Activists who are against natural gas in the United States have invented a variety of problems; flaming tap water, earthquakes, headaches, even that it will cause the earth to deflate.
Good thing they don't live in Norway, where energy extraction by the Nextdrill research project is going thousands of meters into the ground, in order to exploit another of nature's bounties: tinkering with the Earth’s molten core and radioactive isotopes in the Earth’s crust. The project is drilling down to where temperatures are so high it can be used for district heating and electricity generation.
As in all drilling operations, they need to rush in order to keep costs at a minimum. If geothermal heat is to be competitive as a source of energy, they need to be able to drill at high speed - and they don't want loss of time, like having to bring the drill-bit to the surface for replacement.
Three members of the Nextdrill project – SINTEF, the Swedish company Sandvik and Germany’s H.C. Starck – are collaborating on the development of materials for a drill-bit with a long working life. Another participant is the Norwegian technology company Resonator, which is in the process of developing an electric percussion rotary drill, a tool that crushes rock by dealing it hammer-like blows as the drill-bit turns. Electrical operation offers the possibility of remote control and more energy-efficient drilling systems than technology based on today’s pneumatic or hydraulic systems.
Like with fracking, two types of well need to be drilled to exploit this energy; one to pump cold water down, and the other to bring hot water up again. The drill-bit that does this job must be able to crush hard rock types such as granite. The main aim of the Nextdrill project is to identify a combination of hard-wearing, durable materials and technical solutions that can do this.
Right: In future drilling in hard rock that lacks natural cracks, as in Norway, drilling a series of radiating bore-holes between the wells is a possibility. An alternative method is to create such cracks by subjecting the bedrock to extremely high hydraulic pressure (so-called “fracking”). Illustration: SINTEF/Knut Gangåssæter.
The first test will be in August
In the course of this year the Nextdrill project will carry out its first small-scale drilling trials near Ås in Akershus County. In August and again in November, a specially designed version of Resonator’s percussion rotary drill will tackle hard rock. It will be fitted in turn with commercially available drill-bits and bits made of the highly wear-resistant materials that are being developed by the project.

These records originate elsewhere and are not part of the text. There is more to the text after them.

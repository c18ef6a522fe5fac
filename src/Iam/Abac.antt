-- ===== src/Iam/Abac.antt =====
-- Tag manipulation as an escalation vector: crates/activable-iam-engine/src/abac.rs.
use activable_cloud.Prelude.{
  ◌≡◌, ◌↔◌, Bool, true, false, not, ◌&&◌, List, [], ◌∷◌, ◌++◌, map, Option, none, some, Text, codes,
  text_eq, to_lowercase, starts_with, is_empty, length, drop, any, keep, flat_map, if◌then◌else◌,
  Any, Any-keep, Any-iff, any_iff, ↔_trans, &&_iff, not_iff,
}
use activable_cloud.Prelude.Split.{contains_text}
use activable_cloud.Iam.Types.{Condition, PolicyStatement, ParsedPolicy}
use activable_cloud.Iam.Matchers.{action_matches, action_matches_iff, ActionMatch}

pub data TagConditionType : Type 0 where
  principal_tag resource_tag request_tag : TagConditionType

pub record TagDependency : Type 0 where
  pub tag_key : Text
  pub condition_type : TagConditionType
  pub required_values : List Text

pub data TagRiskLevel : Type 0 where
  critical high medium no_risk : TagRiskLevel

pub record TagManipulationRisk : Type 0 where
  pub principal_can_self_tag : Bool
  pub tag_dependent_policies : List Text
  pub exploitable_tags : List Text
  pub risk_level : TagRiskLevel

abbrev pub tag_manipulation_actions : List Text
tag_manipulation_actions = map codes (
    "iam:TagUser" ∷ "iam:TagRole" ∷ "iam:TagPolicy" ∷ "iam:TagInstanceProfile"
    ∷ "iam:TagOpenIDConnectProvider" ∷ "iam:TagSAMLProvider" ∷ "iam:TagServerCertificate"
    ∷ "ec2:CreateTags" ∷ "ec2:DeleteTags" ∷ "s3:PutObjectTagging" ∷ "s3:PutBucketTagging"
    ∷ "lambda:TagResource" ∷ "rds:AddTagsToResource" ∷ "kms:TagResource" ∷ [])

-- `strip_prefix`.
abbrev pub strip_prefix : Text → Text → Option Text
strip_prefix p s = if starts_with s p then some (drop (length p) s) else none

-- The three prefixes, one after the other.
abbrev pub tag_prefixes : List (Text × TagConditionType)
tag_prefixes =
    (codes "aws:principaltag/", principal_tag)
    ∷ (codes "aws:resourcetag/", resource_tag)
    ∷ (codes "aws:requesttag/", request_tag)
    ∷ []

abbrev pub by_prefix : List (Text × TagConditionType) → Text → List Text → Option TagDependency
by_prefix [] lower_key values = none
by_prefix ((p, type) ∷ rest) lower_key values = elim (strip_prefix p lower_key) [
  | none ↦ by_prefix rest lower_key values
  | some tag_key ↦
      some (record { tag_key = tag_key; condition_type = type; required_values = values })
]

unfoldable pub extract_single_tag_dependency : Text → List Text → Option TagDependency
extract_single_tag_dependency key values = by_prefix tag_prefixes (to_lowercase key) values

abbrev pub condition_type_str : TagConditionType → Text
condition_type_str principal_tag = codes "PrincipalTag"
condition_type_str resource_tag = codes "ResourceTag"
condition_type_str request_tag = codes "RequestTag"

-- The conditions in the order of the loops.
abbrev pub all_conditions : List ParsedPolicy → List Condition
all_conditions policies =
    flat_map (λ (p : ParsedPolicy). flat_map (λ (s : PolicyStatement). s.conditions) p.statements)
      policies

-- The loop, with the keys that were seen.
unfoldable pub new_dependencies : List Text → List Condition → List TagDependency
unfolding extract_single_tag_dependency
new_dependencies seen [] = []
new_dependencies seen (c ∷ rest) = elim (extract_single_tag_dependency c.key c.values) [
  | none ↦ new_dependencies seen rest
  | some dep ↦
      let key = dep.tag_key ++ b':' ∷ condition_type_str dep.condition_type in
      let again = new_dependencies seen rest in
      let later = new_dependencies (key ∷ seen) rest in
      if any (text_eq key) seen then again else dep ∷ later
]

unfoldable pub extract_tag_dependencies : List ParsedPolicy → List TagDependency
unfolding new_dependencies
extract_tag_dependencies policies = new_dependencies [] (all_conditions policies)

abbrev pub is_guard : Condition → Bool
is_guard c = contains_text (to_lowercase c.key) (codes "aws:requesttag")

-- A statement about the action, of either effect, with a condition on the tags of the request.
abbrev pub guards : Text → PolicyStatement → Bool
guards tag_action stmt =
    any (λ ap. action_matches ap tag_action) stmt.actions && any is_guard stmt.conditions

abbrev pub is_unguarded : List Text → List ParsedPolicy → Text → Bool
is_unguarded effective_actions policies tag_action =
    any (λ ea. action_matches ea tag_action) effective_actions
    && not (any (λ (p : ParsedPolicy). any (guards tag_action) p.statements) policies)

unfoldable pub detect_unguarded_tag_manipulation : List Text → List ParsedPolicy → List Text
detect_unguarded_tag_manipulation effective_actions policies =
    keep (is_unguarded effective_actions policies) tag_manipulation_actions

abbrev pub is_settable : TagConditionType → Bool
is_settable request_tag = false
is_settable _ = true

unfoldable pub analyze_tag_manipulation_risk : List Text → List ParsedPolicy → TagManipulationRisk
unfolding extract_tag_dependencies detect_unguarded_tag_manipulation
analyze_tag_manipulation_risk effective_actions policies =
    let tag_deps = extract_tag_dependencies policies in
    let can_self_tag =
      not (is_empty (detect_unguarded_tag_manipulation effective_actions policies)) in
    let keys = map (λ (d : TagDependency). d.tag_key) tag_deps in
    let settable = keep (λ (d : TagDependency). is_settable d.condition_type) tag_deps in
    record {
      principal_can_self_tag = can_self_tag;
      tag_dependent_policies = keys;
      exploitable_tags =
          if can_self_tag then map (λ (d : TagDependency). d.tag_key) settable else [];
      risk_level =
          if not can_self_tag
          then no_risk
          else if is_empty tag_deps
          then medium
          else if is_empty keys
          then medium
          else high;
    }

-- A statement about the action with a condition on the tags of the request.
abbrev pub IsGuard : Text → PolicyStatement → Type 0
IsGuard tag_action s =
    Any (λ (p : Text). ActionMatch tag_action p) s.actions
    × Any (λ c. is_guard c ≡ true) s.conditions

guards_iff :
    (tag_action : Text) (s : PolicyStatement) → (guards tag_action s ≡ true) ↔ IsGuard tag_action s
guards_iff tag_action s =
    let (about, of_about) =
      any_iff (λ (p : Text). ActionMatch tag_action p) (λ ap. action_matches ap tag_action)
        (λ p. action_matches_iff p tag_action) s.actions in
    let (guard, of_guard) =
      any_iff (λ c. is_guard c ≡ true) is_guard (λ c. (λ h. h, λ h. h)) s.conditions in
    ↔_trans
      (&&_iff (any (λ ap. action_matches ap tag_action) s.actions) (any is_guard s.conditions))
      (λ (a, g). (about a, guard g), λ (a, g). (of_about a, of_guard g))

-- An effective action covers the tag action, and no statement guards it.
abbrev pub IsUnguarded : List Text → List ParsedPolicy → Text → Type 0
IsUnguarded effective_actions policies a =
    Any (λ (p : Text). ActionMatch a p) effective_actions
    × ¬ Any (λ (p : ParsedPolicy). Any (IsGuard a) p.statements) policies

is_unguarded_iff :
    (effective_actions : List Text) (policies : List ParsedPolicy) (a : Text)
    → (is_unguarded effective_actions policies a ≡ true) ↔ IsUnguarded effective_actions policies a
is_unguarded_iff effective_actions policies a =
    let (covered, of_covered) =
      any_iff (λ (p : Text). ActionMatch a p) (λ ea. action_matches ea a)
        (λ p. action_matches_iff p a) effective_actions in
    let guarded = any (λ (p : ParsedPolicy). any (guards a) p.statements) policies in
    let (found, of_found) =
      any_iff (λ (p : ParsedPolicy). Any (IsGuard a) p.statements)
        (λ p. any (guards a) p.statements)
        (λ p. any_iff (IsGuard a) (guards a) (guards_iff a) p.statements) policies in
    let (free, of_free) = not_iff guarded in
    ↔_trans (&&_iff (any (λ ea. action_matches ea a) effective_actions) (not guarded)) (
      λ (c, n). (covered c, λ f. free n (of_found f)),
      λ (c, n). (of_covered c, of_free (λ g. n (found g))),
    )

-- The tag actions that are reported are those that an effective action of the principal covers, while no statement of the policies about the action, allowing or denying, has a condition on the tags of the request.
pub detect_unguarded_tag_manipulation_iff :
    (effective_actions : List Text) (policies : List ParsedPolicy) (action : Text)
    → Any (λ a. action ≡ a) (detect_unguarded_tag_manipulation effective_actions policies)
      ↔ Any (λ a. IsUnguarded effective_actions policies a × (action ≡ a)) tag_manipulation_actions
unfolding detect_unguarded_tag_manipulation
detect_unguarded_tag_manipulation_iff effective_actions policies action =
    ↔_trans
      (Any-keep (λ a. action ≡ a) (is_unguarded effective_actions policies)
        tag_manipulation_actions)
      (Any-iff (λ a. (is_unguarded effective_actions policies a ≡ true) × (action ≡ a))
        (λ a. IsUnguarded effective_actions policies a × (action ≡ a)) tag_manipulation_actions
        (λ a.
          let (forth, back) = is_unguarded_iff effective_actions policies a in
          (λ (u, e). (forth u, e), λ (u, e). (back u, e))))
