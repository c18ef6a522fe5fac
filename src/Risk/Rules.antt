-- ===== src/Risk/Rules.antt =====
-- Escalation rules and their evaluation: crates/activable-risk/src/types.rs and src/rule_engine.rs.
-- Boosts are floating-point numbers that are only copied here: their type is a parameter.
use activable_cloud.Prelude.{
  ℕ, Bool, true, false, ◌||◌, not, List, [], ◌∷◌, ◌++◌, Option, none, some, Text, codes, text_eq,
  is_empty, keep, length, ltb, leb, if◌then◌else◌, ◌+◌, ◌%◌, ◌^◌,
}
use activable_cloud.Prelude.Errors.{Result, ok, err}
use activable_cloud.Iam.Matchers.{action_matches}

pub record RequiredPermission : Type 0 where
  pub permission : Text
  pub resource_constraints : Option Text

mutual
  pub data RuleRequirement : Type 0 where
    single : RequiredPermission → RuleRequirement
    all_of : Requirements → RuleRequirement
    any_of : Requirements → RuleRequirement

  pub data Requirements : Type 0 where
    nil : Requirements
    cons : RuleRequirement → Requirements → Requirements

pub data CascadeScope : Type 0 where
  principal account : CascadeScope

pub record CascadeTrigger : Type 0 where
  pub match_count : ℕ
  pub min_tier : ℕ
  pub scope : CascadeScope

pub data Prerequisites : Type 0 where
  uniform : List Text → Prerequisites
  tabbed : List Text → List Text → Prerequisites

-- The tree is walked with the depth at each requirement.
unfoldable mutual
  pub check_depth : RuleRequirement → ℕ → Result Text (Unit {0})
  check_depth (single rp) current_depth =
      if ltb 2 current_depth
      then err (codes "rule requirement tree exceeds max depth 2 — flatten")
      else ok tt
  check_depth (all_of reqs) current_depth =
      let inner = check_each reqs (current_depth + 1) in
      if ltb 2 current_depth
      then err (codes "rule requirement tree exceeds max depth 2 — flatten")
      else inner
  check_depth (any_of reqs) current_depth =
      let inner = check_each reqs (current_depth + 1) in
      if ltb 2 current_depth
      then err (codes "rule requirement tree exceeds max depth 2 — flatten")
      else inner

  pub check_each : Requirements → ℕ → Result Text (Unit {0})
  check_each nil depth = ok tt
  check_each (cons req reqs) depth =
      let later = check_each reqs depth in
      elim (check_depth req depth) [ err e ↦ err e | ok u ↦ later ]

unfoldable pub validate_depth : RuleRequirement → Result Text (Unit {0})
unfolding check_depth
validate_depth req = check_depth req 0

pub record EffectivePermission : Type 0 where
  pub action : Text
  pub resource : Text

-- A required permission, once for each effective one that covers it.
abbrev pub matched_single : Text → List EffectivePermission → List Text
matched_single permission [] = []
matched_single permission (effective ∷ rest) =
    let later = matched_single permission rest in
    if text_eq effective.action (codes "*") || action_matches effective.action permission
    then permission ∷ later
    else later

-- A list of sub-requirements goes on with what was collected so far; a missing one ends it.
unfoldable mutual
  pub evaluate_requirement : RuleRequirement → List EffectivePermission → Bool × List Text
  evaluate_requirement (single rp) perms =
      let matched = matched_single rp.permission perms in (not (is_empty matched), matched)
  evaluate_requirement (all_of reqs) perms = evaluate_all reqs perms []
  evaluate_requirement (any_of reqs) perms = evaluate_any reqs perms

  pub evaluate_all : Requirements → List EffectivePermission → List Text → Bool × List Text
  evaluate_all nil perms collected = (true, collected)
  evaluate_all (cons req reqs) perms collected =
      let first = evaluate_requirement req perms in
      let later = evaluate_all reqs perms (collected ++ first.1) in
      if first.0 then later else (false, collected)

  pub evaluate_any : Requirements → List EffectivePermission → Bool × List Text
  evaluate_any nil perms = (false, [])
  evaluate_any (cons req reqs) perms =
      let first = evaluate_requirement req perms in
      let later = evaluate_any reqs perms in if first.0 then (true, first.1) else later

module _ (F64 : Type 0) where
  pub record EscalationRule : Type 0 where
    pub id : Text
    pub name : Text
    pub category : Text
    pub services : List Text
    pub permissions : Option RuleRequirement
    pub prerequisites : Prerequisites
    pub severity_tier : ℕ
    pub boost : F64
    pub trigger : Option CascadeTrigger
    pub description : Option Text

  pub record MatchedRule : Type 0 where
    pub rule_id : Text
    pub rule_name : Text
    pub category : Text
    pub severity_tier : ℕ
    pub boost : F64
    pub matched_permissions : List Text

module _ {F64 : Type 0} where
  -- What is reported of a rule.
  abbrev pub report : EscalationRule F64 → List Text → MatchedRule F64
  report rule matched = record {
    rule_id = rule.id;
    rule_name = rule.name;
    category = rule.category;
    severity_tier = rule.severity_tier;
    boost = rule.boost;
    matched_permissions = matched;
  }

  -- By the trigger and the permissions of the rule: one with a trigger is left to the second phase.
  abbrev pub match_permissions :
      EscalationRule F64
      → Option CascadeTrigger
      → Option RuleRequirement
      → List EffectivePermission
      → Option (MatchedRule F64)
  match_permissions rule (some trigger) permissions perms = none
  match_permissions rule none none perms = none
  match_permissions rule none (some req) perms =
      let result = evaluate_requirement req perms in
      if result.0 then some (report rule (result.1)) else none

  unfoldable pub match_rule :
      EscalationRule F64 → List EffectivePermission → Option (MatchedRule F64)
  match_rule rule perms = match_permissions rule rule.trigger rule.permissions perms

  abbrev pub primary_matches :
      List (EscalationRule F64) → List EffectivePermission → List (MatchedRule F64)
  primary_matches [] perms = []
  primary_matches (rule ∷ rules) perms = elim (match_rule rule perms) [
    | none ↦ primary_matches rules perms
    | some m ↦ m ∷ primary_matches rules perms
  ]

  abbrev pub qualifies : CascadeTrigger → List (MatchedRule F64) → Bool
  qualifies trigger primary =
      leb trigger.match_count
        (length (keep (λ m. leb m.severity_tier trigger.min_tier) primary) % 2 ^ 32)

  abbrev pub cascade_of :
      EscalationRule F64 → Option CascadeTrigger → List (MatchedRule F64) → List (MatchedRule F64)
  cascade_of rule none primary = []
  cascade_of rule (some trigger) primary =
      if qualifies trigger primary then report rule [] ∷ [] else []

  abbrev pub cascade_matches :
      List (EscalationRule F64) → List (MatchedRule F64) → List (MatchedRule F64)
  cascade_matches [] primary = []
  cascade_matches (rule ∷ rules) primary =
      cascade_of rule rule.trigger primary ++ cascade_matches rules primary

  unfoldable pub match_all_rules :
      List (EscalationRule F64) → List EffectivePermission → List (MatchedRule F64)
  unfolding match_rule
  match_all_rules rules perms =
      let primary = primary_matches rules perms in primary ++ cascade_matches rules primary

The trials have two main purposes. They will provide new knowledge about how wear occurs on drill-bits when rock is crushed using an electric percussion rotary drill. The tests will also show how the number of impacts per unit time affects the speed of drilling.
“Although we will not be drilling very deep during these tests we do expect to gather important data for the next stages of our efforts to develop highly durable materials,” says Kane.
SINTEF’s project manager Alexandre Kane checks out a drill-bit that the Swedish company Sandvik has developed for mining operations. In future commercial drilling for deep geothermal energy, wells may need to be as much as a metre in diameter. Photo: SINTEF/Thor Nielsen
The drill-bit needs to be able to withstand a high level of friction, in addition to enormous amounts of mechanical abuse resulting from the high-frequency hammer impacts.
“Laboratory trials and virtual experiments performed by computer models have taught us a great deal about drilling through granite, and have enabled us to develop models that we use to find the optimal form and composition of the drill-bit. The drilling trials at Ås will give us measurements that will let us further improve the computer model,” says Kane.